Stripper Harvester
Background of Cotton Harvesting
Stripper-type harvesters were developed as a cost-effective alternative to hand pulling for harvesting cotton with short plant heights, relatively low yield, and closed or “stormproof” bolls. Limited growing-season rainfall and irrigation capacity, along with harsh weather conditions on the Southern High Plains, tend to produce crops with these problems. That’s why cotton producers in this region have widely adopted the stripper harvester.
Sledding
The stripping action harvests seed cotton from the plant by removing the entire boll along with leaves, branches, and other undesirable material. Early implements used a wooden sled drawn by a horse or mule to pull cotton off the stalk. The sled was designed to harvest cotton by pulling the plants through a tapered opening wide enough for the stalks to pass through but narrow enough to catch and remove open and unopened bolls. Most sleds harvested one row per pass, but multirow sleds were available. After “sledding,” farmers often piled cotton on the turn-row to allow unopened green bolls to open before ginning.
During the mid-1900s, American agriculture developed a great variety of farm machinery. Two prevalent harvester designs used the stripping action: the finger stripper harvester and the brush-roll stripper harvester. Finger stripper headers harvested cotton from crops planted in broadcast or very narrowly spaced row patterns. The brushroll stripper harvester harvested cotton planted on evenly spaced rows. It was widely used after cotton production practices began favoring rows spaced 30-40 inches apart. With harvesting efficiencies frequently over 99%, brush-roll-stripper harvesters allowed farmers to generate the most revenue from the cotton produced.
The brush-roll cotton stripper harvester continues to be the main harvester used in southern Kansas, western Oklahoma, and the High and Southern Rolling Plains of Texas.1 Depending on crop conditions, stripping is sometimes used to harvest cotton in the Texas Blackland and Coastal Bend regions.

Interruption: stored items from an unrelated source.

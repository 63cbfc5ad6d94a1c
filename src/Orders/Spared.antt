-- ===== src/Orders/Spared.antt =====
-- An item that an edit may not reduce is still there afterwards.
use restaurant_pos.Base.{
  ℕ, ◌≡◌, sym, subst, inl, inr, Bool, true, false, not, ◌&&◌, ◌||◌, List, [], ◌∷◌, ◌++◌, ◌==◌,
  ==_iff, eq_refl, leb, All, select, every, some_of, arith, Bool-cases, Option-cases,
}
use mathlib.Core.List.{append_assoc}
use restaurant_pos.Base.Result.{Result-cases, ok}
use restaurant_pos.Auth.Policy.{User}
use restaurant_pos.Kds.Board.{Board}
use restaurant_pos.Orders.Types.{Order, OrderItem, is_completed, is_delivered}
use restaurant_pos.Orders.Cancel.{shows_prepared}
use restaurant_pos.Orders.Build.{assert_valid_quantity}
use restaurant_pos.Orders.Edit.{
  EditInput, ModifyInput, lowers, is_reduced, reduces_no_prepared, add_each, modify_item,
  modify_first, with_modified, modify_each, remove_each, apply_edit,
}

-- The order or the kitchen says that the item was prepared.
abbrev pub prepared : Board → Order → OrderItem → Bool
prepared b o i = (is_completed o.status || is_delivered o.status) || shows_prepared b o.id i

-- The item is among the items, in at least its quantity.
abbrev pub holds : OrderItem → List OrderItem → Bool
holds i js = some_of (λ j. j.id == i.id && leb i.quantity j.quantity) js

holds-append :
    (i : OrderItem) (js ks : List OrderItem) → holds i js ≡ true → holds i (js ++ ks) ≡ true
holds-append i [] ks h = absurd (ground arith)
holds-append i (j ∷ js) ks h = elim (Bool-cases (j.id == i.id && leb i.quantity j.quantity)) [
  | inl t ↦ ground arith
  | inr f ↦ let rest = holds-append i js ks (ground arith) in ground arith
]

holds-later :
    (i : OrderItem) (js ks : List OrderItem) → holds i ks ≡ true → holds i (js ++ ks) ≡ true
holds-later i [] ks h = h
holds-later i (j ∷ js) ks h = let rest = holds-later i js ks h in ground arith

leb_refl : (n : ℕ) → leb n n ≡ true
leb_refl n = ground arith

holds-each : (before js : List OrderItem) → All (λ i. holds i (before ++ js) ≡ true) js
holds-each before [] = tt
holds-each before (j ∷ js) = (
  holds-later j before (j ∷ js)
      (let e = eq_refl j.id in let l = leb_refl j.quantity in ground arith),
  subst (λ z. All (λ i. holds i z ≡ true) js) (append_assoc before (j ∷ []) js)
      (holds-each (before ++ (j ∷ [])) js),
)

module _ (i : OrderItem) where
  add_each-holds :
      (user : User) (now : ℕ) (is : List OrderItem) (o : Order)
      → holds i o.items ≡ true
      → holds i (add_each user now is o).items ≡ true
  unfolding add_each
  add_each-holds user now [] o h = h
  add_each-holds user now (j ∷ is) o h =
      add_each-holds user now is _ (holds-append i o.items (j ∷ []) h)

  modify_item-holds :
      (p : ModifyInput) (j k : OrderItem)
      → lowers i p ≡ false
      → j.id ≡ p.item
      → j.id ≡ i.id
      → modify_item p j ≡ ok k
      → leb i.quantity j.quantity ≡ true
      → (k.id ≡ i.id) × (leb i.quantity k.quantity ≡ true)
  unfolding modify_item assert_valid_quantity
  modify_item-holds p j k f at own h least = elim (Option-cases p.quantity) [
    | inl e ↦ (ground arith, ground arith)
    | inr (z, e) ↦ (ground arith, ground arith)
  ]

  modify_item-id : (p : ModifyInput) (j k : OrderItem) → modify_item p j ≡ ok k → k.id ≡ j.id
  unfolding modify_item
  modify_item-id p j k h = ground arith

  modify_first-holds :
      (p : ModifyInput) (js ks : List OrderItem)
      → lowers i p ≡ false
      → modify_first p js ≡ ok ks
      → holds i js ≡ true
      → holds i ks ≡ true
  unfolding modify_first
  modify_first-holds p [] ks f h k = absurd (ground arith)
  modify_first-holds p (j ∷ js) ks f h k = elim (Bool-cases (j.id == p.item)) [
    | inl t ↦ elim (Result-cases (modify_item p j)) [
      | inr (z, e) ↦ ground arith
      | inl (m, e) ↦
          let same : m ∷ js ≡ ks = ground arith in
          subst (λ z. holds i z ≡ true) same
            (elim (Bool-cases (j.id == i.id && leb i.quantity j.quantity)) [
              | inr g ↦ ground arith
              | inl g ↦
                  let own : j.id ≡ i.id = (==_iff j.id i.id).0 (ground arith) in
                  let (ids, least) =
                    modify_item-holds p j m f ((==_iff j.id p.item).0 t) own e (ground arith) in
                  let here = eq_refl i.id in
                  subst (λ n. (n == i.id && leb i.quantity m.quantity || holds i js) ≡ true)
                    (sym ids) (ground arith)
            ])
    ]
    | inr t ↦ elim (Result-cases (modify_first p js)) [
      | inr (z, e) ↦ ground arith
      | inl (ms, e) ↦
          let same : j ∷ ms ≡ ks = ground arith in
          subst (λ z. holds i z ≡ true) same
            (elim (Bool-cases (j.id == i.id && leb i.quantity j.quantity)) [
              | inl g ↦ ground arith
              | inr g ↦ let rest = modify_first-holds p js ms f e (ground arith) in ground arith
            ])
    ]
  ]

  modify_each-holds :
      (user : User) (input : EditInput) (now : ℕ) (ps : List ModifyInput) (o d : Order)
      → some_of (lowers i) ps ≡ false
      → modify_each user input now ps o ≡ ok d
      → holds i o.items ≡ true
      → holds i d.items ≡ true
  unfolding modify_each
  modify_each-holds user input now [] o d f h k = ground arith
  modify_each-holds user input now (p ∷ ps) o d f h k =
      elim (Result-cases (modify_first p o.items)) [
        | inr (z, e) ↦ ground arith
        | inl (is, e) ↦
            modify_each-holds user input now ps (with_modified user input now p is o) d
              (ground arith) (ground arith) (modify_first-holds p o.items is (ground arith) e k)
      ]

  select-holds :
      (ids : List ℕ) (js : List OrderItem)
      → some_of (λ id. id == i.id) ids ≡ false
      → holds i js ≡ true
      → holds i (select (λ j. not (some_of (λ id. id == j.id) ids)) js) ≡ true
  select-holds ids [] f h = absurd (ground arith)
  select-holds ids (j ∷ js) f h = elim (Bool-cases (j.id == i.id && leb i.quantity j.quantity)) [
    | inl g ↦
        let own : j.id ≡ i.id = (==_iff j.id i.id).0 (ground arith) in
        let spared : some_of (λ id. id == j.id) ids ≡ false =
          subst (λ n. some_of (λ id. id == n) ids ≡ false) (sym own) f in
        ground arith
    | inr g ↦
        let rest = select-holds ids js f (ground arith) in
        elim (Bool-cases (some_of (λ id. id == j.id) ids)) [
          | inl t ↦ ground arith
          | inr t ↦ ground arith
        ]
  ]

  apply_edit-holds :
      (user : User) (input : EditInput) (added : List OrderItem) (now : ℕ) (o d : Order)
      → is_reduced input i ≡ false
      → apply_edit user input added now o ≡ ok d
      → holds i o.items ≡ true
      → holds i d.items ≡ true
  unfolding apply_edit remove_each is_reduced
  apply_edit-holds user input added now o d f h k =
      elim (Result-cases
        (modify_each user input now input.modify_items (add_each user now added o))) [
          | inr (z, e) ↦ ground arith
          | inl (m, e) ↦
              let kept =
                modify_each-holds user input now input.modify_items (add_each user now added o) m
                  (ground arith) e (add_each-holds user now added o k) in
              let spared = select-holds input.remove_items m.items (ground arith) kept in
              let items : select (λ j. not (some_of (λ id. id == j.id) input.remove_items)) m.items
                  ≡ d.items =
                ground arith in
              subst (λ z. holds i z ≡ true) items spared
        ]

-- Every item that was prepared is in the draft, in at least its quantity.
pub apply_edit-spares :
    (user : User) (input : EditInput) (added : List OrderItem) (now : ℕ) (b : Board) (o d : Order)
    → reduces_no_prepared input b o ≡ true
    → apply_edit user input added now o ≡ ok d
    → All (λ i. prepared b o i ≡ true → holds i d.items ≡ true) o.items
unfolding reduces_no_prepared
apply_edit-spares user input added now b o d e h = go o.items e (holds-each [] o.items)
  where
    go :
        (is : List OrderItem)
        → every (λ i. not (is_reduced input i && prepared b o i)) is ≡ true
        → All (λ i. holds i o.items ≡ true) is
        → All (λ i. prepared b o i ≡ true → holds i d.items ≡ true) is
    go [] e a = tt
    go (i ∷ is) e a = (
      (λ p. apply_edit-holds i user input added now o d (ground arith) h a.0),
      go is (ground arith) a.1,
    )

abbrev spare : List ℕ → List OrderItem → List OrderItem
spare ids js = select (λ j. not (some_of (λ id. id == j.id) ids)) js

dropped :
    (ids : List ℕ) (j : OrderItem) (js : List OrderItem)
    → some_of (λ id. id == j.id) ids ≡ true
    → spare ids (j ∷ js) ≡ spare ids js
dropped ids j js e = ground arith

chosen :
    (ids : List ℕ) (j : OrderItem) (js : List OrderItem)
    → some_of (λ id. id == j.id) ids ≡ false
    → spare ids (j ∷ js) ≡ j ∷ spare ids js
chosen ids j js e = ground arith

unselected :
    (ids : List ℕ) (js : List OrderItem)
    → All
        (λ j. some_of (λ id. id == j.id) ids ≡ false)
        (select (λ j. not (some_of (λ id. id == j.id) ids)) js)
unselected ids [] = tt
unselected ids (j ∷ js) =
    let rest = unselected ids js in
    elim (Bool-cases (some_of (λ id. id == j.id) ids)) [
      | inl t ↦
          subst (All (λ j. some_of (λ id. id == j.id) ids ≡ false)) (sym (dropped ids j js t)) rest
      | inr f ↦
          subst (All (λ j. some_of (λ id. id == j.id) ids ≡ false)) (sym (chosen ids j js f))
            (f, rest)
    ]

-- No item that was to be removed is in the draft.
pub apply_edit-removes :
    (user : User) (input : EditInput) (added : List OrderItem) (now : ℕ) (o d : Order)
    → apply_edit user input added now o ≡ ok d
    → All (λ j. some_of (λ id. id == j.id) input.remove_items ≡ false) d.items
unfolding apply_edit remove_each
apply_edit-removes user input added now o d h =
    elim (Result-cases
      (modify_each user input now input.modify_items (add_each user now added o))) [
        | inr (z, e) ↦ ground arith
        | inl (m, e) ↦
            let items : select (λ j. not (some_of (λ id. id == j.id) input.remove_items)) m.items
                ≡ d.items =
              ground arith in
            subst (All (λ j. some_of (λ id. id == j.id) input.remove_items ≡ false)) items
              (unselected input.remove_items m.items)
      ]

Over the years, the agriculture industry has developed specific production and preharvest practices to help producers get the most out of stripper-harvested crops. Although stripper harvesters are generally much less complex than spindle pickers, you still need to properly condition the crop for harvest, maintain/configure row units, adjust onboard field cleaners, and operate the machine to preserve fiber quality and optimize harvesting efficiency and productivity.